However, no published works were found about the dose-response relationship between mortality and severe illness in adult patients with COVID-19. In recent studies, the relationship of prognostic factors with risk of COVID-19 incidence has not been reported. Of note, we found that higher LDH, DD and PCT levels were independently associated with a dose-response increased mortality risk in patients with COVID-19. Notably, the dose-response relationship between LDH and PCT levels and incidence of COVID-19 was seen in survivors and patients with severe illness. To our knowledge, this is the first study to demonstrate that the higher risk of COVID-19 incidence associated with LDH and PCT levels provides evidence of the dose-response relationship. Several potential mechanisms might explain the association between LDH, DD and PCT levels and COVID-19[4,19,20,22,23]. Although the underlying pathophysiological mechanisms are unclear, it is possible that the presence of COVID-19 risk factors could cover up the effect of LDH, DD and PCT on the risk of COVID-19 among high-risk persons and leave the pernicious effects prominent in relatively healthy adults. Further studies should be performed, which is the key for the development of specific inhibitors targeting COVID-19.

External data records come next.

-- ===== src/Peers/Limits.antt =====
-- src/server/peer-service.ts, lines 475 to 517: the first client address of a peer, and its
-- traffic limit when the configuration changes. The window of a period is an argument; times are
-- seconds.
use wireguard_panel.Base.{
  ℕ, Bool, true, false, not, ◌&&◌, ◌||◌, List, [], ◌∷◌, ◌++◌, map, Option, none, some, ◌==◌,
  if◌then◌else◌, keep,
}
use wireguard_panel.Base.Int.{ℤ, pos, negsuc, ◌+ℤ◌, ltb_ℤ}
use wireguard_panel.Base.Text.{Text, codes, split, join, trim}
use wireguard_panel.Base.Decimal.{nonempty}
use wireguard_panel.Quota.{QuotaPeriod, one_time, daily, weekly, monthly}
use wireguard_panel.Traffic.Rows.{ResetReason, Window, configuration_changed, limit_removed}
use wireguard_panel.Bandwidth.Queues.{is_nonzero}
use wireguard_panel.Peers.World.{QuotaColumns, PeerRecord}
use wireguard_panel.Peers.Handlers.{is_quota_reason}

-- `existing.split(",").map(trim).filter(Boolean)`, with the first one replaced.
abbrev pub replace_first : Text → List Text → List Text
replace_first address [] = address ∷ []
replace_first address (first ∷ addresses) = address ∷ addresses

unfoldable pub replace_client_address : Text → Text → Text
replace_client_address existing client_ip =
    join (codes ",")
      (replace_first (client_ip ++ codes "/32") (keep nonempty (map trim (split b',' existing))))

-- `value === undefined ? old : value`, where the outer `none` is `undefined`.
abbrev pub changed_to {ℓ} : {A : Type ℓ} → Option A → Option (Option A) → Option A
changed_to old none = old
changed_to old (some value) = value

-- `input.quotaPeriod ?? row.quota_period ?? "monthly"`.
abbrev pub or_monthly : Option QuotaPeriod → Option QuotaPeriod → QuotaPeriod
or_monthly (some period) old = period
or_monthly none (some period) = period
or_monthly none none = monthly

abbrev pub same_period : QuotaPeriod → Option QuotaPeriod → Bool
same_period one_time (some one_time) = true
same_period daily (some daily) = true
same_period weekly (some weekly) = true
same_period monthly (some monthly) = true
same_period _ _ = false

abbrev pub same_bigint : ℤ → ℤ → Bool
same_bigint (pos a) (pos b) = a == b
same_bigint (negsuc a) (negsuc b) = a == b
same_bigint _ _ = false

abbrev pub same_limit : Option ℤ → Option ℤ → Bool
same_limit none none = true
same_limit (some a) (some b) = same_bigint a b
same_limit _ _ = false

pub record QuotaConfiguration : Type 0 where
  pub limit : Option ℤ
  pub period : Option QuotaPeriod
  pub start : Option ℕ
  pub end : Option ℕ
  pub period_rx : ℤ
  pub period_tx : ℤ
  pub used : ℤ
  pub reached_at : Option ℕ
  pub usage_when_disabled : Option ℤ
  pub bypass_until : Option ℕ
  pub archive : Option ResetReason

-- `row.quota_period_started_at && (removing || periodChanged) ? … : null`.
abbrev pub archive_reason : Option ℕ → Bool → Bool → Option ResetReason
archive_reason none removing period_changed = none
archive_reason (some start) removing period_changed =
    if removing
    then some limit_removed
    else if period_changed
    then some configuration_changed
    else none

abbrev pub no_limit : Option ResetReason → QuotaConfiguration
no_limit archive = record {
  limit = none;
  period = none;
  start = none;
  end = none;
  period_rx = pos 0;
  period_tx = pos 0;
  used = pos 0;
  reached_at = none;
  usage_when_disabled = none;
  bypass_until = none;
  archive = archive;
}

-- The bounds of the period and its counters, which a new period starts anew.
pub record Bounds : Type 0 where
  pub start : Option ℕ
  pub end : Option ℕ
  pub period_rx : ℤ
  pub period_tx : ℤ

abbrev pub kept_bounds : QuotaColumns → Bounds
kept_bounds q = record {
  start = q.quota_period_started_at;
  end = q.quota_period_ends_at;
  period_rx = q.period_rx_bytes;
  period_tx = q.period_tx_bytes;
}

abbrev pub new_bounds : Window → Bounds
new_bounds w = record { start = some w.start; end = w.end; period_rx = pos 0; period_tx = pos 0 }

-- `reset || !start`.
abbrev pub bounds_of : Bool → QuotaColumns → Window → Bounds
bounds_of reset q window = elim q.quota_period_started_at [
  | none ↦ new_bounds window
  | some start ↦ if reset then new_bounds window else kept_bounds q
]

abbrev pub some_if {ℓ} : {A : Type ℓ} → Bool → A → Option A
some_if true a = some a
some_if false a = none

-- `row.quota_reached_at ?? new Date()`.
abbrev pub or_now : Option ℕ → ℕ → ℕ
or_now none now = now
or_now (some at) now = at

module _ (quota_period_window : ℕ → QuotaPeriod → Window) where
  -- The rest, for a limit that is not absent and not zero.
  unfoldable pub limited :
      ℕ → PeerRecord → ℤ → QuotaPeriod → Bool → Bool → Option ResetReason → QuotaConfiguration
  limited now row limit period reset kept_bypass archive =
      let bounds = bounds_of reset row.quota (quota_period_window now period) in
      let used = bounds.period_rx +ℤ bounds.period_tx in
      let reached = not (ltb_ℤ used limit) in
      record {
        limit = some limit;
        period = some period;
        start = bounds.start;
        end = bounds.end;
        period_rx = bounds.period_rx;
        period_tx = bounds.period_tx;
        used = used;
        reached_at = some_if reached (or_now row.quota.quota_reached_at now);
        usage_when_disabled = some_if (reached && is_quota_reason row.disabled_reason) used;
        bypass_until = if kept_bypass then row.quota_bypass_until else none;
        archive = archive;
      }

  -- With the new limit, which is absent or zero, or neither.
  unfoldable pub configured : ℕ → PeerRecord → Option ℤ → Option QuotaPeriod → QuotaConfiguration
  unfolding limited
  configured now row none input_period = no_limit (
      archive_reason row.quota.quota_period_started_at (is_nonzero row.quota.quota_limit_bytes)
        false)
  configured now row (some limit) input_period =
      let old = row.quota.quota_limit_bytes in
      let had = is_nonzero old in
      let period = or_monthly input_period row.quota.quota_period in
      let period_changed = had && not (same_period period row.quota.quota_period) in
      let started = row.quota.quota_period_started_at in
      if is_nonzero (some limit)
      then limited now row limit period (not had || period_changed)
          (same_limit old (some limit) && not period_changed)
          (archive_reason started false period_changed)
      else no_limit (archive_reason started had false)

  -- `quotaConfiguration`, with the limit and the period of the input.
  unfoldable pub quota_configuration :
      ℕ → PeerRecord → Option (Option ℤ) → Option QuotaPeriod → QuotaConfiguration
  unfolding configured
  quota_configuration now row input_limit input_period =
      configured now row (changed_to row.quota.quota_limit_bytes input_limit) input_period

There are some limitations to our study. First, contact histories and laboratory testing records for some cases were incomplete. Second, we could only estimate the incubation period in patients who have recorded information. Uncertainty about the exact date (recall bias) might have inevitably influenced our assessment. Third, since our study did not include patients with mild illness who did not seek medical attention, the case fatality rate would likely have been lower in real-world situations. Meanwhile, during the beginning of the pandemic, we a little about COVID-19, so the treatment regimens have been improving. Also, due to limited medical resources, older patients and patients with serious symptoms may have been preferentially admitted, and this may have resulted in bias. Fourth, data generation was clinically driven and not systematic. Lastly, this was a retrospective study.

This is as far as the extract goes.